Daniel Ritchie said:


> I have thought to write something further in relation to expounding OT law; but I am not sure if Hebrew would be essential?



If you are looking to do anything serious in terms of OT interpretation then Hebrew is essential.


----------



## ADKing (Apr 7, 2008)

Daniel Ritchie said:


> I have thought to write something further in relation to expounding OT law; but I am not sure if Hebrew would be essential?



How much of your own original exegesis would you be doing and how much would you be relying on the exegesis of other reformed authorities? If you intend to rely heavily on the work of others, I would say it is probably not necessary. If you plan on doing original exegesis your credibility would be enhanced by knowing Hebrew.


----------



## Reformed Covenanter (Apr 7, 2008)

armourbearer said:


> Daniel Ritchie said:
> 
> 
> > I have thought to write something further in relation to expounding OT law; but I am not sure if Hebrew would be essential?
> ...



I do not know so much about OT interpretation, more expounding plan statements (if that makes any sense), nevertheless, I get the feeling that even for that Hebrew is essential.


----------



## Reformed Covenanter (Apr 7, 2008)

ADKing said:


> Daniel Ritchie said:
> 
> 
> > I have thought to write something further in relation to expounding OT law; but I am not sure if Hebrew would be essential?
> ...



I suppose I would be leaning heavily on other authorities, which is probably why I asked.


----------



## Wannabee (Apr 7, 2008)

You could benefit greatly from learning Hebrew, as long as you can remain humble. Much of the problem is learning to do some translation and then thinking you know more than you do. I would strongly recommend studying the language though. Many excellent works interact with the language on a level that can't be understood without some knowledge and understanding of terminology. For instance, knowing the difference between a wayyiqtol and a weqatal can influence your understanding of a passage. The stems are much different than either English or Greek.

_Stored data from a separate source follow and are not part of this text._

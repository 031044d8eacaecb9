-- ===== src/Wire.antt =====
-- The wire formats of libs/libkv8/include/kv8/Kv8Types.h: packed little-endian structs.
pub mod Header
pub mod Hash
pub mod LogSite
pub mod LogRecord
pub mod Sample
pub mod Registry
mod Tests
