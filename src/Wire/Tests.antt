-- ===== src/Wire/Tests.antt =====
-- The wire formats on a small call site and a small record.
use kv8_metrics.Prelude.{◌≡◌, refl, some, [], ◌∷◌, ◌++◌, arith}
use kv8_metrics.Prelude.Bytes.{Bytes, codes, AllBytes, field, un_le, le}
use kv8_metrics.Wire.LogSite as LogSite
use kv8_metrics.Wire.LogSite.{
  LogSiteInfo, layout, tail_size, encode_tail, decode_tail, counted_text, advance, decode-encode,
  length-encode, decode_tail_sound,
}
use kv8_metrics.Wire.LogRecord as LogRecord
use kv8_metrics.Wire.LogRecord.{
  LogRecord, IsWellFormed, write_record, decode_log_record, log_magic, log_record_size,
  decode-write, decode_record_sound,
}

abbrev site : LogSiteInfo
site = record { file = codes "a.c"; func = codes "f"; fmt = codes "x=%d"; line = 300 }

abbrev site_bytes : Bytes
site_bytes = 3 ∷ 0 ∷ 97 ∷ 46 ∷ 99 ∷ 44 ∷ 1 ∷ 0 ∷ 0 ∷ 1 ∷ 0 ∷ 102 ∷ 4 ∷ 0 ∷ 120 ∷ 61 ∷ 37 ∷ 100 ∷ []

site-Fits : LogSite.Fits site
site-Fits = record {
  file_fits = omega arith;
  func_fits = omega arith;
  fmt_fits = omega arith;
  line_fits = omega arith;
}

site_encoded : encode_tail site 2048 ≡ some site_bytes
unfolding encode_tail layout tail_size le
site_encoded = refl

site_decoded : decode_tail site_bytes ≡ some site
unfolding decode_tail counted_text advance field un_le
site_decoded = refl

site_bytes-AllBytes : AllBytes site_bytes
site_bytes-AllBytes = ground arith

decode_tail_sound_example :
    LogSite.Fits site × ((rest : Bytes) × (site_bytes ≡ layout site ++ rest))
decode_tail_sound_example = decode_tail_sound site_bytes site site_bytes-AllBytes site_decoded

abbrev header : LogRecord
header = record {
  magic = log_magic;
  site_hash = 77;
  ts_ns = 1000;
  thread_id = 4;
  cpu_id = 2;
  level = 3;
  flags = 1;
  arg_len = 2;
  reserved = 0;
}

header-Fits : LogRecord.Fits header
header-Fits = record {
  magic_fits = omega arith;
  site_fits = omega arith;
  ts_fits = omega arith;
  thread_fits = omega arith;
  cpu_fits = omega arith;
  level_fits = omega arith;
  flags_fits = omega arith;
  arg_fits = omega arith;
  reserved_fits = omega arith;
}

header-IsWellFormed : IsWellFormed header
header-IsWellFormed = record {
  magic_ok = refl;
  level_ok = omega arith;
  reserved_ok = refl;
  arg_ok = omega arith;
}

decode-write_example :
    decode_log_record (write_record header (codes "hi" ++ 0 ∷ [])) ≡ some (header, codes "hi")
decode-write_example =
    decode-write header (codes "hi") (0 ∷ []) header-Fits header-IsWellFormed refl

At least if you study and learn it to a certain degree, as well as picking up some good helps, you will be clued when an author discusses the qal stem and how that might differ from a piel, pual, etc. 

If you're able to devote the time, here are some resources.

Invitation to Biblical Hebrew: A Beginning Grammar by Russell T. Fuller and Kyoungwon ChoiFrom Exegesis to Exposition: A Practical Guide to Using Biblical Hebrew by Chisolm
An excellent reader is now available by Miles V. Van Pelt and Gary Pratico.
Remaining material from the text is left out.